Последние годы жизни
Не прерывая связь с космической тематикой, академик продолжал научную работу и подготовку кадров для этой отрасли, читал лекции в Международной академии астронавтики. Кроме научно-педагогической деятельности, Б.В. Раушенбах вёл исследовательскую и литературную работу.
Его вклад в науку бесценен. Об этом говорят звания и награды. Борис Викторович Раушенбах, один из создателей ракетно-космической техники, за выполнение важнейших государственных заданий удостоен Ленинской премии (1960), награждён орденом Ленина за подготовку и осуществление полёта Юрия Гагарина (1961), получил звание Героя Социалистического Труда за вклад в развитие высшей школы страны. В 1986-ом году ему присуждена премия имени академика Б.Н. Петрова, а в 1994-ом – премия имени промышленников Демидовых. В 2011 году Международным союзом немецкой культуры учреждён грант в области науки имени Бориса Раушенбаха.
В последние десятилетия жизни, исследуя картины Средневековья, а особенно – иконы, с точки зрения перспективы, Борис Викторович обратил внимание на их философско-мировоззренческое содержание и стал изучать богословие. Поражаясь глубинному религиозному и эстетическому смыслу иконы Андрея Рублёва «Троица Ветхозаветная», он задумался над ранее непонятным ему богословским догматом триединства и нашёл ему математическое объяснение. На эту тему и ещё о многом другом – его книги по теории перспективы «Пространственные построения в древнерусской живописи» (1975) и «Пространственные построения в живописи» (1980). За три года до кончины Борис Викторович присоединился к Русской Православной Церкви. 30 марта 2001 года в Николо-Кузнецком храме Москвы состоялось отпевание новопреставленного раба Божьего Бориса, скончавшегося в возрасте 86 лет. Могила Бориса Викторовича находится в Москве на Новодевичьем кладбище.

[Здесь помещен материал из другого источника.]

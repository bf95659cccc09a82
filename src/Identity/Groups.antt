-- ===== src/Identity/Groups.antt =====
-- The groups of `resolve_market_groups` hold one instrument of a venue at most, and only instruments
-- whose quantities compare.
use prep_watchdeck.Prelude.{
  ◌≤◌, ◌≡◌, ◌↔◌, refl, Bool, true, false, ◌&&◌, ◌||◌, List, [], ◌∷◌, String, Option, some, count,
  map, arith, inl, inr, Bool-cases,
}
use prep_watchdeck.Text.{str_eq, str_eq_iff}
use prep_watchdeck.Venue.{Venue, bitget, hyperliquid, aster, mexc, venue_eq}
use prep_watchdeck.Catalog.{
  CatalogInstrument, is_base_unit, has_multiplier_one, quantity_normalizable,
}
use prep_watchdeck.Identity.{
  GroupId, crypto, IdentityResolution, native_only_identity, individual_unmapped_reason, is_none,
  is_candidate, is_candidate_of, collides, resolve, resolve_market_groups,
}

abbrev pub is_crypto : String → Option GroupId → Bool
is_crypto base (some (crypto b)) = str_eq b base
is_crypto base _ = false

-- a resolution of the venue in the group of the base
abbrev pub in_group : String → Venue → IdentityResolution → Bool
in_group base venue r = is_crypto base r.group_id && venue_eq r.venue venue

one_candidate :
    (ordered : List CatalogInstrument) (base : String) (venue : Venue)
    → collides ordered base ≡ false
    → count (is_candidate_of base venue) ordered ≤ 1
unfolding collides
one_candidate ordered base bitget c = ground arith
one_candidate ordered base hyperliquid c = ground arith
one_candidate ordered base aster c = ground arith
one_candidate ordered base mexc c = ground arith

module _ (ordered : List CatalogInstrument) (base : String) (venue : Venue) where
  -- what is in the group was counted, and its base does not collide
  grouped_candidate :
      (i : CatalogInstrument)
      → in_group base venue (resolve ordered i) ≡ true
      → (is_candidate_of base venue i ≡ true) × (collides ordered base ≡ false)
  unfolding resolve is_candidate
  grouped_candidate i h = ground (arith, str_eq_iff i.base_asset base)

  grouped-le-candidates :
      (is : List CatalogInstrument)
      → count (in_group base venue) (map (resolve ordered) is)
        ≤ count (is_candidate_of base venue) is
  grouped-le-candidates [] = omega arith
  grouped-le-candidates (i ∷ is) = ground (arith, grouped_candidate i, grouped-le-candidates is)

  no_group_of_collision :
      collides ordered base ≡ true
      → (is : List CatalogInstrument) → count (in_group base venue) (map (resolve ordered) is) ≡ 0
  no_group_of_collision c [] = refl
  no_group_of_collision c (i ∷ is) = ground (arith, grouped_candidate i, no_group_of_collision c is)

  -- A crypto group holds at most one instrument of each venue.
  pub group_unique : count (in_group base venue) (resolve_market_groups ordered) ≤ 1
  unfolding resolve_market_groups
  group_unique = elim (Bool-cases (collides ordered base)) [
    | inl c ↦ omega (arith, no_group_of_collision c ordered)
    | inr c ↦ omega (arith, grouped-le-candidates ordered, one_candidate ordered base venue c)
  ]

-- What an instrument in the group of a base has.
pub record IsComparable (base : String) (i : CatalogInstrument) : Type 0 where
  pub active : i.active ≡ true
  pub class : i.asset_class ≡ "crypto"
  pub market : i.market_type ≡ "linear_perpetual"
  pub asset : i.base_asset ≡ base
  pub alias : i.raw_definition.alias_required ≡ false
  pub quantity :
      (is_base_unit i.quantity_unit && has_multiplier_one i.contract_multiplier
        || quantity_normalizable i)
      ≡ true
  pub not_native : native_only_identity i ≡ false

-- An instrument in a crypto group is an active crypto linear perpetual with exactly that base, needs
-- no alias, is not native-only, and its size is in base units one to one or, for MEXC, converts by
-- evidence.
pub grouped-IsComparable :
    (ordered : List CatalogInstrument) (base : String) (i : CatalogInstrument)
    → is_crypto base (resolve ordered i).group_id ≡ true
    → IsComparable base i
unfolding resolve individual_unmapped_reason
grouped-IsComparable ordered base i h = record {
  active = ground arith;
  class = ground (arith, str_eq_iff i.asset_class "crypto");
  market = ground (arith, str_eq_iff i.market_type "linear_perpetual");
  asset = ground (arith, str_eq_iff i.base_asset base);
  alias = ground arith;
  quantity = ground arith;
  not_native = ground arith;
}

-- one resolution for one instrument, with its id; a group and a method, or a reason, never both
pub record Resolves (i : CatalogInstrument) (r : IdentityResolution) : Type 0 where
  pub venue : r.venue ≡ i.venue
  pub source_symbol : r.source_symbol ≡ i.source_symbol
  pub grouped : (is_none r.group_id ≡ false) ↔ (is_none r.unmapped_reason ≡ true)
  pub method : is_none r.mapping_method ≡ is_none r.group_id

pub data AllResolve : List CatalogInstrument → List IdentityResolution → Type 0 where
  none_left : AllResolve [] []
  one_more :
      {i : CatalogInstrument} {r : IdentityResolution} {is : List CatalogInstrument}
      {rs : List IdentityResolution}
      → Resolves i r
      → AllResolve is rs
      → AllResolve (i ∷ is) (r ∷ rs)

resolve-Resolves :
    (ordered : List CatalogInstrument) (i : CatalogInstrument) → Resolves i (resolve ordered i)
unfolding resolve
resolve-Resolves ordered i = record {
  venue = ground arith;
  source_symbol = ground arith;
  grouped = (λ h. ground arith, λ h. ground arith);
  method = ground arith;
}

AllResolve-map : (ordered is : List CatalogInstrument) → AllResolve is (map (resolve ordered) is)
AllResolve-map ordered [] = none_left
AllResolve-map ordered (i ∷ is) = one_more (resolve-Resolves ordered i) (AllResolve-map ordered is)

-- The resolutions are those of the instruments, one for each and in their order; each has a group
-- and a method and no reason, or a reason and neither.
pub resolved-AllResolve :
    (ordered : List CatalogInstrument) → AllResolve ordered (resolve_market_groups ordered)
unfolding resolve_market_groups
resolved-AllResolve ordered = AllResolve-map ordered ordered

Незадолго до смерти, увидела свет его книга «Постскриптум». В ней дана широкая панорама событий ушедшего XX века, сопровождаемая размышлениями автора о времени и о себе. Слова учёного в конце этой книги оказали на меня неизгладимое впечатление. Они звучат предупреждением: «… я далеко не уверен, что человечество вообще сохранится еще сто лет. Оно упрямо идёт к той грани, где возможность самоуничтожения становится реальной и вероятна даже по ошибке. И я не очень верю в то, что человечество еще может спохватиться и отыграть назад...». Но очень хочется верить, что этот пессимистичный прогноз Раушенбаха не сбудется, не реализуется, что люди планеты Земля найдут дорогу для мирного сотрудничества, уводящую от беды.